**Instructions for the task**. Exactly how many lines in this material contain the string "limit"? Reply with the number alone.

**Records supplied**.
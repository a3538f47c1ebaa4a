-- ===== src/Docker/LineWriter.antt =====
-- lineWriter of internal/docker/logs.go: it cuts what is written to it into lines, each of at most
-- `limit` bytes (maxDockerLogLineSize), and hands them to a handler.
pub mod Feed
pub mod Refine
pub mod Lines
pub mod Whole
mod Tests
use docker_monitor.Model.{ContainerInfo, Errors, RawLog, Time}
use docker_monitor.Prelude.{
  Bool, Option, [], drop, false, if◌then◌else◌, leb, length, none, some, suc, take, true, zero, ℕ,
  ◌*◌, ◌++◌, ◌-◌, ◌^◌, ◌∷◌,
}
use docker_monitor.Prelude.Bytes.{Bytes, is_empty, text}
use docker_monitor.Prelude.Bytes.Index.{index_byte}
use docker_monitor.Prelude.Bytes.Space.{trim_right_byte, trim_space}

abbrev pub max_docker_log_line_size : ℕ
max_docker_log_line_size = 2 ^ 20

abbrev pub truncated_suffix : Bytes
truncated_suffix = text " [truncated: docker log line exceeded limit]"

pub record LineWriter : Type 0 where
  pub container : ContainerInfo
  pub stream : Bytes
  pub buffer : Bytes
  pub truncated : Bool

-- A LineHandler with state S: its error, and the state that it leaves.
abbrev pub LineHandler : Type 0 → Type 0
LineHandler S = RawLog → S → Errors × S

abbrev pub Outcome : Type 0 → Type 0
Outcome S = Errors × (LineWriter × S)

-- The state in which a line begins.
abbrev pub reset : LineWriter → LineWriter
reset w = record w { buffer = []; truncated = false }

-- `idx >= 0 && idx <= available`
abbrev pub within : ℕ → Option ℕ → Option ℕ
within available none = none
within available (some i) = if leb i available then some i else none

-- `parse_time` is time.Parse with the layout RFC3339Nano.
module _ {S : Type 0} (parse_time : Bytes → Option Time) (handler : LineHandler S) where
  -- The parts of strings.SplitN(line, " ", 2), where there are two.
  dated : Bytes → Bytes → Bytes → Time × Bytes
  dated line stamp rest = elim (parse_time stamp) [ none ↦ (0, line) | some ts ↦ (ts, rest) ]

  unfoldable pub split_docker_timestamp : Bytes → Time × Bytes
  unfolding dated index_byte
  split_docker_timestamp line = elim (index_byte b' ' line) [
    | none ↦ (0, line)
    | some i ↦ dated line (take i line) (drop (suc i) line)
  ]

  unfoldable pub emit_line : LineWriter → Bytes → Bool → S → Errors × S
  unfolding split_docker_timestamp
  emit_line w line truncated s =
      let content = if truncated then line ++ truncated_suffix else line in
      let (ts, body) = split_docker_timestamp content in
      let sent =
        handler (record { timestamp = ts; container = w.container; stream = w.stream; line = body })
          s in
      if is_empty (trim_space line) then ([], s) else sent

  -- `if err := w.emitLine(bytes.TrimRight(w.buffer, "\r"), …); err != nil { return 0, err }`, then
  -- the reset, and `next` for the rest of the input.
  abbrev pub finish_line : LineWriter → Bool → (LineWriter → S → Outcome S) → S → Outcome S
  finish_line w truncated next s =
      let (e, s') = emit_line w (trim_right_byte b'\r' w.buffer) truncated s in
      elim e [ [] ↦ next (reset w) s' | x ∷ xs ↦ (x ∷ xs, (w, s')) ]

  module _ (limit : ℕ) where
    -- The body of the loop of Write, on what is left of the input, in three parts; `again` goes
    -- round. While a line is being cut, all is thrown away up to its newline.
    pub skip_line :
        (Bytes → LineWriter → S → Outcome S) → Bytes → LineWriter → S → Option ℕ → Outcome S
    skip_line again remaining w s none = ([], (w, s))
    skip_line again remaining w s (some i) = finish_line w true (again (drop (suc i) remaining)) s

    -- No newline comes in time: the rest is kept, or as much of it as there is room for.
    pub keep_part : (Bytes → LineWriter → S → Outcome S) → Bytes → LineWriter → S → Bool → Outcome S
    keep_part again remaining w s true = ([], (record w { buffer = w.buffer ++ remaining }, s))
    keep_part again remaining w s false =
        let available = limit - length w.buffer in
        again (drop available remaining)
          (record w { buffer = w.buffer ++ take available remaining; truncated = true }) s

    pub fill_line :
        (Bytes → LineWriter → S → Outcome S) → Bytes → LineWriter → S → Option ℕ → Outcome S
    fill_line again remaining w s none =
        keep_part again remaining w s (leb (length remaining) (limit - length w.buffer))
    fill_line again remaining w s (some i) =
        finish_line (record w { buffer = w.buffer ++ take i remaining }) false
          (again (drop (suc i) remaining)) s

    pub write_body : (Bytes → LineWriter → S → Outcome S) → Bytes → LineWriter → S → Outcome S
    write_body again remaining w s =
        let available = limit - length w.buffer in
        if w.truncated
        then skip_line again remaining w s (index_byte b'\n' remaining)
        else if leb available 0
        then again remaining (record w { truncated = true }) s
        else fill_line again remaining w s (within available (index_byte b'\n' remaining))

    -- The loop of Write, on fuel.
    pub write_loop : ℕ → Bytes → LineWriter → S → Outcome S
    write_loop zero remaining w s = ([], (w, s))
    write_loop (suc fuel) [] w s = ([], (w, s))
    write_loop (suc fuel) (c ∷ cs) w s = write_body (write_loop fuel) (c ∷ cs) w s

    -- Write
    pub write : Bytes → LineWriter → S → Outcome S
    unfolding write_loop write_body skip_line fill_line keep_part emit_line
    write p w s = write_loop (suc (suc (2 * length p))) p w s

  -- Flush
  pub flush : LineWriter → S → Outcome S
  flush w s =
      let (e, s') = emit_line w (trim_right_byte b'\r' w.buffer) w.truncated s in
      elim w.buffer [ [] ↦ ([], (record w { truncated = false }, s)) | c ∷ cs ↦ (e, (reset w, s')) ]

**Task solution**. 6